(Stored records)

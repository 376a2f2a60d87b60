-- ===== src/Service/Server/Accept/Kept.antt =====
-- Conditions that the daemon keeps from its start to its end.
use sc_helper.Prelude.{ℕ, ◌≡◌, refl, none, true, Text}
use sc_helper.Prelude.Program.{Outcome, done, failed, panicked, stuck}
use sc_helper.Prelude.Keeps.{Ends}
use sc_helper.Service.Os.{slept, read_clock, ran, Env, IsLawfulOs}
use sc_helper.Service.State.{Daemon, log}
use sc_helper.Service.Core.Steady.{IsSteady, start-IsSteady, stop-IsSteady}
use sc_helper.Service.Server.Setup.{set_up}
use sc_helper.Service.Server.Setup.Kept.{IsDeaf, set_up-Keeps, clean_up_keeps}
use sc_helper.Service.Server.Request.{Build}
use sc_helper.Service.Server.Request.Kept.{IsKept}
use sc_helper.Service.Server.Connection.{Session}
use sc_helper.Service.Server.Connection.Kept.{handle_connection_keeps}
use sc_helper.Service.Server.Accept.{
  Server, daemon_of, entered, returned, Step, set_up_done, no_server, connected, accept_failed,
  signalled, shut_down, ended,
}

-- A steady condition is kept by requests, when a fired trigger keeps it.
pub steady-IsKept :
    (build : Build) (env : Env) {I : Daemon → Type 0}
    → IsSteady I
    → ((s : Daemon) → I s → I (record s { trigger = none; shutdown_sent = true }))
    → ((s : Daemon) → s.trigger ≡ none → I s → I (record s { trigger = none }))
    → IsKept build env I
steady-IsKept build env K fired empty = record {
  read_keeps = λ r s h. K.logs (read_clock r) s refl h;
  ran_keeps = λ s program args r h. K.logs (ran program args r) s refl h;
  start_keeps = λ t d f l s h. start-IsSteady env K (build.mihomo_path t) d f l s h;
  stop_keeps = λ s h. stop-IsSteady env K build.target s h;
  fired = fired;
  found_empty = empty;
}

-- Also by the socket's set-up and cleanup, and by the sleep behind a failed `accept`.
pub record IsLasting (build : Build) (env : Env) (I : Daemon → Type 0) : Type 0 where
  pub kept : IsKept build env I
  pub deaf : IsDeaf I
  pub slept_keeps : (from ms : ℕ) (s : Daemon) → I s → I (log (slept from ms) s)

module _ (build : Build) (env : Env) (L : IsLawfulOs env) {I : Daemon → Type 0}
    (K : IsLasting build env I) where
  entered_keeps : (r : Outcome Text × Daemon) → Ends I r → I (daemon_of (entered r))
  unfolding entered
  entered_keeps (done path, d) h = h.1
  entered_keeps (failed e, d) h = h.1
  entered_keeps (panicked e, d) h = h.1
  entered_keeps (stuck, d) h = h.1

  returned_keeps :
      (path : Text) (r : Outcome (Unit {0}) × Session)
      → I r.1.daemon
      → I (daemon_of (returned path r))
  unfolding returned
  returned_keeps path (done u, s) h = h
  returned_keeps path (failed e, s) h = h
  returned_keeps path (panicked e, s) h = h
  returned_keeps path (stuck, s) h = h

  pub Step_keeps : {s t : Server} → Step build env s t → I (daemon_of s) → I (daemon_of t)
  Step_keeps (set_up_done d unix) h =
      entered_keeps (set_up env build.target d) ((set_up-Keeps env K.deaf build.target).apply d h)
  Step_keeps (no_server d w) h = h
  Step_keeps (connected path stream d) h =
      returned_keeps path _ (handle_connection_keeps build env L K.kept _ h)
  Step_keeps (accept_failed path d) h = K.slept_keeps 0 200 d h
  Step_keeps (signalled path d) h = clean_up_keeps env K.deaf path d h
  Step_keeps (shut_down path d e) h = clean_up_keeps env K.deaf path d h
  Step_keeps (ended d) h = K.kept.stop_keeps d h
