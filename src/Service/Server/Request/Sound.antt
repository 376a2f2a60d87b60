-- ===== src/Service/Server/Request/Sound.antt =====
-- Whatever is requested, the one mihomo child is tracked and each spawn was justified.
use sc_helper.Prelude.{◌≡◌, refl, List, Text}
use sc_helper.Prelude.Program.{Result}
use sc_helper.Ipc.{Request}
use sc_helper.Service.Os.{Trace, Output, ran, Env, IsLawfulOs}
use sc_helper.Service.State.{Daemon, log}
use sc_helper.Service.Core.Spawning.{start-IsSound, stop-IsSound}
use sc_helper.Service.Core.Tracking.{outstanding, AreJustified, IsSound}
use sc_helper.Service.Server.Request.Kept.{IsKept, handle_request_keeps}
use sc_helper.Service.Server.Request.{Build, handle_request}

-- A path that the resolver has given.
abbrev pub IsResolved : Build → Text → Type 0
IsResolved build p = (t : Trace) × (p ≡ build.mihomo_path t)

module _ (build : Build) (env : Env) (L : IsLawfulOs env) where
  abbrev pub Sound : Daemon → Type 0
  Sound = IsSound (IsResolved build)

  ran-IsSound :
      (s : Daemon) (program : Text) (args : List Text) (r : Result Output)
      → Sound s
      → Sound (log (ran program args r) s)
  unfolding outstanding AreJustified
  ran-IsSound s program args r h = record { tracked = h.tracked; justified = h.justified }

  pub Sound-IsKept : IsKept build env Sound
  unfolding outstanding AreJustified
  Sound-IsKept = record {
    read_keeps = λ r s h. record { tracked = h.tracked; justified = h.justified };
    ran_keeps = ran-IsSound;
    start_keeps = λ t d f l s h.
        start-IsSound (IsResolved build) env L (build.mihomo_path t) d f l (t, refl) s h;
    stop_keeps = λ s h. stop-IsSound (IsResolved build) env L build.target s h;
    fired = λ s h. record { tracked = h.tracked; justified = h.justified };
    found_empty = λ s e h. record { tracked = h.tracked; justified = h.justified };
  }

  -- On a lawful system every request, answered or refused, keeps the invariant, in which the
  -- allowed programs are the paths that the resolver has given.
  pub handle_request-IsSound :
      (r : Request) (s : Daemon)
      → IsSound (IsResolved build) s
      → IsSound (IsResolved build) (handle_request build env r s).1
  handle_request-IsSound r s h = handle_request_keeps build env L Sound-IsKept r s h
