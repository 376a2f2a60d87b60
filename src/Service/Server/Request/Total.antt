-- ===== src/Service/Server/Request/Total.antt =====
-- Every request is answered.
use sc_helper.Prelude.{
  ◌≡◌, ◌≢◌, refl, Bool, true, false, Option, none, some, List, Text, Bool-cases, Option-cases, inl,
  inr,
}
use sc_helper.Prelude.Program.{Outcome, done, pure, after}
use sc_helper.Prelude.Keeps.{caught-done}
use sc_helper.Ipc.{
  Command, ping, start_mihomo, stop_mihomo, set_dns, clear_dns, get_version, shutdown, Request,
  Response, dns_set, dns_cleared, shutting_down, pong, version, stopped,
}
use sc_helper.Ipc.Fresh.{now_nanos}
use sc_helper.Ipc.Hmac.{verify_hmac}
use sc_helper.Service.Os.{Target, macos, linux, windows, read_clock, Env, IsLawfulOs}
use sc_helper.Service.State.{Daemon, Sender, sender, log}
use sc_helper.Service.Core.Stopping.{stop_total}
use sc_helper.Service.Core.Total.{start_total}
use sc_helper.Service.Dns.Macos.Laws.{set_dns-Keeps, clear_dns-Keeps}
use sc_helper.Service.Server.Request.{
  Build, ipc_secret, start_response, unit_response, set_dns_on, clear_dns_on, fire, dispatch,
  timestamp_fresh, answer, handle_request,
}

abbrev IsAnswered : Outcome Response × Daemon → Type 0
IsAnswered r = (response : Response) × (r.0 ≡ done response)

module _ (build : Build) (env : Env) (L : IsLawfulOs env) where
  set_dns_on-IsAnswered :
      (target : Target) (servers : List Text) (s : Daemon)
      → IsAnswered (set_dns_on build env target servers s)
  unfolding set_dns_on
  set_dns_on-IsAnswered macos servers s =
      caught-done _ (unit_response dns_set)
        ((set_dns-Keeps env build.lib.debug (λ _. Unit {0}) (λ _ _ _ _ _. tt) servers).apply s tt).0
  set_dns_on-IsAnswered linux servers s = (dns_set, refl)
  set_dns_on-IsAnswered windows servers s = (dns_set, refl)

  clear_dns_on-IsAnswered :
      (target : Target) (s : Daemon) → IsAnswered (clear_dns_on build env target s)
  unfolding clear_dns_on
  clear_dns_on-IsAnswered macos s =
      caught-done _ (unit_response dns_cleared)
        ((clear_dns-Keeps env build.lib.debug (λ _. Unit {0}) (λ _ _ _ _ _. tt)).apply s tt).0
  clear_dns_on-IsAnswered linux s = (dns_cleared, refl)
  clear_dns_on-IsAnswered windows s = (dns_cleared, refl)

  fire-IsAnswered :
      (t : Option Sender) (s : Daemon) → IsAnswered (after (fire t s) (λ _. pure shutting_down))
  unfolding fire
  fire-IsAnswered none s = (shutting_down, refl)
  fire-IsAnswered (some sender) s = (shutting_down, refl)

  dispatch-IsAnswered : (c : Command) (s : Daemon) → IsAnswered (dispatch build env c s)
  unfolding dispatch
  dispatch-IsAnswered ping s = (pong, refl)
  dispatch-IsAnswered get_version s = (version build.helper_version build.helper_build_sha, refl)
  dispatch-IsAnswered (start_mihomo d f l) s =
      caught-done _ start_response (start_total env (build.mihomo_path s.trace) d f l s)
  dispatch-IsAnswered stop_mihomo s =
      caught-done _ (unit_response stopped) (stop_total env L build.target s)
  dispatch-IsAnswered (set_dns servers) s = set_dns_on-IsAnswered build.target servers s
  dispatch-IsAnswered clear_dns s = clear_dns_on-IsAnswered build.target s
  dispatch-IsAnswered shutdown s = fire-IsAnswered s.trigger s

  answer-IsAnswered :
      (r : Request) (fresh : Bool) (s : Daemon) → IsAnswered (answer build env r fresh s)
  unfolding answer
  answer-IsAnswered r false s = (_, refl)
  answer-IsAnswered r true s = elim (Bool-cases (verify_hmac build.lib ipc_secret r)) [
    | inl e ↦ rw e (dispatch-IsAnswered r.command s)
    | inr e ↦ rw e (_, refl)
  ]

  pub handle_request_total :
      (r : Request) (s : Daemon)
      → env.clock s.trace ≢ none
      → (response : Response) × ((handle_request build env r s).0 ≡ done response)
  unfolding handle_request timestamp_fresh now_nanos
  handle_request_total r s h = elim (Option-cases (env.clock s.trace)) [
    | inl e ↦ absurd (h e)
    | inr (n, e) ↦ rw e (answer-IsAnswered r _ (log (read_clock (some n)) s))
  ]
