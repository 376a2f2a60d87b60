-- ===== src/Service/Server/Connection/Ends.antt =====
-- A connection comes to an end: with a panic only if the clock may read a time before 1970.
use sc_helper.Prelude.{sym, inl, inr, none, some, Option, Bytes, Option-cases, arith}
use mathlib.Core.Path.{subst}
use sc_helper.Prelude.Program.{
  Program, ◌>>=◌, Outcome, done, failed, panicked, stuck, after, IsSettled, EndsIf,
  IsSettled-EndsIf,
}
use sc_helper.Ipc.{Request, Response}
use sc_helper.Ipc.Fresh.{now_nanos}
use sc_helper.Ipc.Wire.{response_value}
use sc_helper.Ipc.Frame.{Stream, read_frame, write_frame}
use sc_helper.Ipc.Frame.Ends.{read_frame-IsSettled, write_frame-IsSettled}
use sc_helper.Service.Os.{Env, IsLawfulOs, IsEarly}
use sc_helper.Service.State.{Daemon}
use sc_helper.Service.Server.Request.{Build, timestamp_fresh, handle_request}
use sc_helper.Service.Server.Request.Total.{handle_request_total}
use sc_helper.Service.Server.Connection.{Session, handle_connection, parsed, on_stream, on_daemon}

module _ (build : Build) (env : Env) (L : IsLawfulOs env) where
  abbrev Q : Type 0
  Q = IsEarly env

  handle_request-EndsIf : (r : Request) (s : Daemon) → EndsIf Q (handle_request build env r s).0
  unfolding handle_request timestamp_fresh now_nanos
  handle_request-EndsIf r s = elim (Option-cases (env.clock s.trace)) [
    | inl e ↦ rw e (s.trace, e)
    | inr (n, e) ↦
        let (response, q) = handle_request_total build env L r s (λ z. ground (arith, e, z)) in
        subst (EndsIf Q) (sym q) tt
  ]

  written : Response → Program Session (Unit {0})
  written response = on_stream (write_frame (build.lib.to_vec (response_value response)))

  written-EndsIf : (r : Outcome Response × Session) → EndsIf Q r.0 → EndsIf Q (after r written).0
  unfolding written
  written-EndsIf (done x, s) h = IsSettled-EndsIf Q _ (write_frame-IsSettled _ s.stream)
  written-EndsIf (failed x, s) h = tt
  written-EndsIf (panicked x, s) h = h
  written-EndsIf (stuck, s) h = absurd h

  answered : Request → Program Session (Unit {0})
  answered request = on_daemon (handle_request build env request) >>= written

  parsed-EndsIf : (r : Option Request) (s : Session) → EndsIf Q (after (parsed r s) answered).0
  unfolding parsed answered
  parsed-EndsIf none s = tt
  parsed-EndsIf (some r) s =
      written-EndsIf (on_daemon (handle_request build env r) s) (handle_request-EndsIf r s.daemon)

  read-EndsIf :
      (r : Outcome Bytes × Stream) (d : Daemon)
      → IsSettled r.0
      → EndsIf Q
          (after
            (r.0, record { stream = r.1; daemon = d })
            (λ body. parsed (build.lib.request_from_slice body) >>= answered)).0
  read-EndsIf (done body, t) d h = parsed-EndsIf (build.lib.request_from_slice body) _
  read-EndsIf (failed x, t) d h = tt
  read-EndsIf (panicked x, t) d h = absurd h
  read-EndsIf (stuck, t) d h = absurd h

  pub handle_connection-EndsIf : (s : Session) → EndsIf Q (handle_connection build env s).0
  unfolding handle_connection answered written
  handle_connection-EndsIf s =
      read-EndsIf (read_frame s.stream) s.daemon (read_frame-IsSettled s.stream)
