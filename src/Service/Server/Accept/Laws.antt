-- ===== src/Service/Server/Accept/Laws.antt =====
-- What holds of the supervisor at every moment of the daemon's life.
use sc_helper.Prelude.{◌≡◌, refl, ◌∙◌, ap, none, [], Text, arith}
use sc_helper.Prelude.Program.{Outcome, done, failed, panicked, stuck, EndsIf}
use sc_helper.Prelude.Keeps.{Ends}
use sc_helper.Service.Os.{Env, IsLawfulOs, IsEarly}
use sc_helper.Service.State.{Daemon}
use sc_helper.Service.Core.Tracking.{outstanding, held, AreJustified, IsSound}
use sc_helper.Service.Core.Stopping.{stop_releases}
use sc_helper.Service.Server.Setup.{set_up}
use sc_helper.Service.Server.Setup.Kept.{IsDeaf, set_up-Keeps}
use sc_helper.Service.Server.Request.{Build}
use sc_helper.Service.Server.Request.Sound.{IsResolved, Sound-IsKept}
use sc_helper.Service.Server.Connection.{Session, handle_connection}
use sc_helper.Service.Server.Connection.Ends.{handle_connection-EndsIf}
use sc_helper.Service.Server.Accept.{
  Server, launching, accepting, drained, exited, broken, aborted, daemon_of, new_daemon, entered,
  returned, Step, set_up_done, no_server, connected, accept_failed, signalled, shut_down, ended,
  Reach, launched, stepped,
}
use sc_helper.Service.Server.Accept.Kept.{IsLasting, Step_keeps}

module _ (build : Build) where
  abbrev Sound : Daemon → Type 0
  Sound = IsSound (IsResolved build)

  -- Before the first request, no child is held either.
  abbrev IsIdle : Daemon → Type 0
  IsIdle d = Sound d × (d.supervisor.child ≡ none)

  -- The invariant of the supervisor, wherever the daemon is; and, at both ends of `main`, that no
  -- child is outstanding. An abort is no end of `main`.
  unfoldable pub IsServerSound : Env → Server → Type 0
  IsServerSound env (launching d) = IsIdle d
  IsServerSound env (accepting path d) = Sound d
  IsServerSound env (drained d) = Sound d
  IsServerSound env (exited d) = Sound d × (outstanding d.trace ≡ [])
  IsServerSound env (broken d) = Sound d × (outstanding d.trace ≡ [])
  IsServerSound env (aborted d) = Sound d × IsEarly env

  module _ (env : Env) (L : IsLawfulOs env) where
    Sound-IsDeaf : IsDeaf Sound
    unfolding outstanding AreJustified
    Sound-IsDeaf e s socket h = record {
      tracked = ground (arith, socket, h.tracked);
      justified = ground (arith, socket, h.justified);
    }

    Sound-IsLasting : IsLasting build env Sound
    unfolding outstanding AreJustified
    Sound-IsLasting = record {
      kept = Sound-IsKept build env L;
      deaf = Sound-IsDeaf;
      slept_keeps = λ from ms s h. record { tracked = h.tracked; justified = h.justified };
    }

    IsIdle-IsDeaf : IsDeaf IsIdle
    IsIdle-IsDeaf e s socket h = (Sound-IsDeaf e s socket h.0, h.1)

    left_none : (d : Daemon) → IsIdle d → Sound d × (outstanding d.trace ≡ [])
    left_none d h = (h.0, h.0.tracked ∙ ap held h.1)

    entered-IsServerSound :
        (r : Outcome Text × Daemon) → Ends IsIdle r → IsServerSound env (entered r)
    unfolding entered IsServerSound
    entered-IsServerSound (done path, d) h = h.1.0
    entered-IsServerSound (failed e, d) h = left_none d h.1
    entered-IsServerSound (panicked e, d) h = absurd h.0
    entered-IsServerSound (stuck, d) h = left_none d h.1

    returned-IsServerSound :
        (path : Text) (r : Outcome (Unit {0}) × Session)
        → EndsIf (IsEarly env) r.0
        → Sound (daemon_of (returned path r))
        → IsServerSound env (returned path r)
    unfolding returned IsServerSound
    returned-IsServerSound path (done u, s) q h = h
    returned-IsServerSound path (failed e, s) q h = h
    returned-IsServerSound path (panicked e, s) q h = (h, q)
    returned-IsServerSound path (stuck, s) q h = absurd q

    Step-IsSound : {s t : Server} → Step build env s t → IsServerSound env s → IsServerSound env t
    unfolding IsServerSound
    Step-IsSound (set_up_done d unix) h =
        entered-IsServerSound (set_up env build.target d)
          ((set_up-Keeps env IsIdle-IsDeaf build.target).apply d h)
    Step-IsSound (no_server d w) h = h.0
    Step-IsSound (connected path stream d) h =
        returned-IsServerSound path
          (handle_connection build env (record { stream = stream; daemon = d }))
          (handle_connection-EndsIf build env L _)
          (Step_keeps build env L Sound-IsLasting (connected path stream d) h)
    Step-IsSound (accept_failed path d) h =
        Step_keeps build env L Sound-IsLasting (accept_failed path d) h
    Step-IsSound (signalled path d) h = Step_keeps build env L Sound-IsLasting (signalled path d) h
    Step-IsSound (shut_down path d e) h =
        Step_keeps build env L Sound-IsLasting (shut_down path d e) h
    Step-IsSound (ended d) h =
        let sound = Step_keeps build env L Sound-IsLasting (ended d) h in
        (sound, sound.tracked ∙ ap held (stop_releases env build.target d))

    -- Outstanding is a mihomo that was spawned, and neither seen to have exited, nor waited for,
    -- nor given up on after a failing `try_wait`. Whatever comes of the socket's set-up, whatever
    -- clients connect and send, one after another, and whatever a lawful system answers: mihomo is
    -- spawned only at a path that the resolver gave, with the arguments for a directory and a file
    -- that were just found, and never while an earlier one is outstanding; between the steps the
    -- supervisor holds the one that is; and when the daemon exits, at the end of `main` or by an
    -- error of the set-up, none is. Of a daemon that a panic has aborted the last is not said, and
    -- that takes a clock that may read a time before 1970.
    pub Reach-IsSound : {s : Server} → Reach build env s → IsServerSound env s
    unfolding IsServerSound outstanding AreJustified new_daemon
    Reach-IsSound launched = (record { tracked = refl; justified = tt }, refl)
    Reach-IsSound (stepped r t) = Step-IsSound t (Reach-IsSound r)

• TASK ITEM: Gather from the entries above all lines that include the string "accepting".

• TASK ANSWER:
  Server, launching, accepting, drained, exited, broken, aborted, daemon_of, new_daemon, entered,
  IsServerSound env (accepting path d) = Sound d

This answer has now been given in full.